Can you leave the upper slide bar/guide attached when you attach the first add-on or do you need to remove it and reattach it to the outer add-on?
I'm thinking adjustable length pull rods might be a possibility.


----------



## dman_mb1 (Jan 19, 2007)

Do you really need rigid, fixed length pull rods? How about just a flexible strap or cable, long enough to work with a 3 or 4 bike setup, that just hangs down or gets doubled or otherwise managed with a 2 bike setup?


----------



## 72guy (Jul 31, 2017)

JimT said:


> 72Guy
> How do the pull rods attach to the clamp and handle (threaded, slotted, nut, etc)?
> Assuming I buy both the 2 and 4 rack rods, I'm trying to figure out what would be involved to change rod lengths when I add one or two add-ons.
> Can the bracket that attaches to the original black pullbar remain and you simply unscrew the rods and screw the longer ones in?
> ...


JimT
Not ignoring you. 
My wife and I are up in Wisconsin doing some rail trails and camping. If you don't get an answer to your questions, I'll get back to you next week.
In the meantime, loading our bikes on top of a Tahoe ( using Yakima fork mount racks ) sure makes me appreciate the simplicity of the 1Up rack sitting at home on my wife's CRV.


----------



## JimT (Jul 28, 2017)

72Guy,

Are you back yet? In addition to understanding the new handle better I would love to hear about your trip as my wife and I are exploring similar trips. Let me know if you've posted anything on that one.


----------



## 72guy (Jul 31, 2017)

JimT
There’s a fixed nut at the end of the pull bar that fits into a slot that is machined into the bottom two bars. Those bottom bars sandwich the original pull bar and are secured with tamper proof screws.

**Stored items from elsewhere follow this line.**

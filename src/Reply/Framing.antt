-- ===== src/Reply/Framing.antt =====
-- The batches that a client reads back: what it needs of the printer, and the round trips.
use pedis.Base.{
  ℕ, zero, suc, ◌+◌, ◌≡◌, refl, ap, ◌∙◌, Option, none, some, List, [], ◌∷◌, ◌++◌, arith,
  if◌then◌else◌, length, take, drop, ◌==◌,
}
use mathlib.Core.List.{append_assoc}
use mathlib.Core.Path.{ap₂}
use mathlib.Core.Option
use pedis.Base.Bytes.{Bytes}
use pedis.Reply.{Reply}
use pedis.Reply.Wire.{Printer, crlf, counted, bulk_text, header_text, each, build}

-- A reader of the printed sizes: it undoes the printer before a line end.
pub record SizeReader {F : Type 0} (P : Printer F) : Type 0 where
  pub read_size : Bytes → Option (ℕ × Bytes)
  pub read_size-print :
      (n : ℕ) (rest : Bytes) → read_size (P.size n ++ (crlf ++ rest)) ≡ some (n, rest)

module _ {F : Type 0} (P : Printer F) (R : SizeReader P) where
  -- The bytes of a text, and what follows the line end behind it.
  abbrev split_text : ℕ × Bytes → Bytes × Bytes
  split_text (n, rest) = (take n rest, drop (n + 2) rest)

  -- A client's reader of a bulk string.
  unfoldable pub read_bulk : Bytes → Option (Bytes × Bytes)
  read_bulk [] = none
  read_bulk (tag ∷ rest) = if tag == b'$' then Option.map split_text (R.read_size rest) else none

  unfoldable pub read_many : ℕ → Bytes → Option (List Bytes × Bytes)
  unfolding read_bulk
  read_many zero rest = some ([], rest)
  read_many (suc n) rest = elim (read_bulk rest) [
    | none ↦ none
    | some (b, rest') ↦ Option.map (λ r. (b ∷ r.0, r.1)) (read_many n rest')
  ]

  -- A client's reader of a batch of bulk strings.
  unfoldable pub read_batch : Bytes → Option (List Bytes × Bytes)
  unfolding read_many
  read_batch [] = none
  read_batch (tag ∷ rest) =
      if tag == b'*'
      then (elim (R.read_size rest) [ none ↦ none | some (n, rest') ↦ read_many n rest' ])
      else none

  take-append : (b rest : Bytes) → take (length b) (b ++ rest) ≡ b
  take-append [] rest = refl
  take-append (x ∷ b) rest = ap (λ r. x ∷ r) (take-append b rest)

  drop-append : (b rest : Bytes) → drop (length b + 2) (b ++ (crlf ++ rest)) ≡ rest
  drop-append [] rest = refl
  drop-append (x ∷ b) rest =
      let shift : length (x ∷ b) + 2 ≡ suc (length b + 2) = omega arith in
      ap (λ n. drop n (x ∷ (b ++ (crlf ++ rest)))) shift ∙ drop-append b rest

  read_bulk-print : (b rest : Bytes) → read_bulk (bulk_text P b ++ rest) ≡ some (b, rest)
  unfolding read_bulk bulk_text counted
  read_bulk-print b rest =
      let n = P.size (length b) in
      let text : Bytes = b ++ (crlf ++ rest) in
      let joined : (n ++ (crlf ++ (b ++ crlf))) ++ rest ≡ n ++ (crlf ++ text) =
        append_assoc n (crlf ++ (b ++ crlf)) rest
        ∙ ap (λ r. n ++ (crlf ++ r)) (append_assoc b crlf rest) in
      ap (λ r. Option.map split_text (R.read_size r)) joined
      ∙ ap (Option.map split_text) (R.read_size-print (length b) text)
      ∙ ap some (ap₂ (λ u v. (u, v)) (take-append b (crlf ++ rest)) (drop-append b rest))

  read_many-print :
      (l : List Bytes) (rest : Bytes)
      → read_many (length l) (each (bulk_text P) l ++ rest) ≡ some (l, rest)
  unfolding read_many each
  read_many-print [] rest = refl
  read_many-print (b ∷ l) rest =
      rw (append_assoc (bulk_text P b) (each (bulk_text P) l) rest)
        (ground (arith, read_bulk-print b (each (bulk_text P) l ++ rest), read_many-print l rest))

  -- With a reader that undoes the printer of sizes, a client reads the reply of a batch of texts
  -- back as those texts, and stops where the reply ends.
  pub read_batch-build :
      (l : List Bytes) (rest : Bytes)
      → read_batch (build P (Reply.bulks l) ++ rest) ≡ some (l, rest)
  unfolding read_batch build header_text
  read_batch-build l rest =
      let n = P.size (length l) in
      let parts = each (bulk_text P) l in
      ground (
        arith,
        append_assoc (n ++ crlf) parts rest,
        append_assoc n crlf (parts ++ rest),
        R.read_size-print (length l) (parts ++ rest),
        read_many-print l rest,
      )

As far as your other questions pertaining to swapping out components for the addition of add-ons. You would probably be better off contacting Rob or Eric at 1Up and getting the correct information from them.

My wife and I camped at Yellowstone Lake and drove, 35 minutes, to New Glarus and Monticello to start our rides. There are a number of different routes you can ride. You can check them out at Traillink.com


----------



## Christopher Robin (Dec 1, 2004)

That handle looks awesome but I agree, what about the single rack users? I wonder if it would be just a question of shortening and re-threading those two rods?


----------



## Crooked Cop (May 28, 2014)

Christopher Robin said:


> That handle looks awesome but I agree, what about the single rack users? I wonder if it would be just a question of shortening and re-threading those two rods?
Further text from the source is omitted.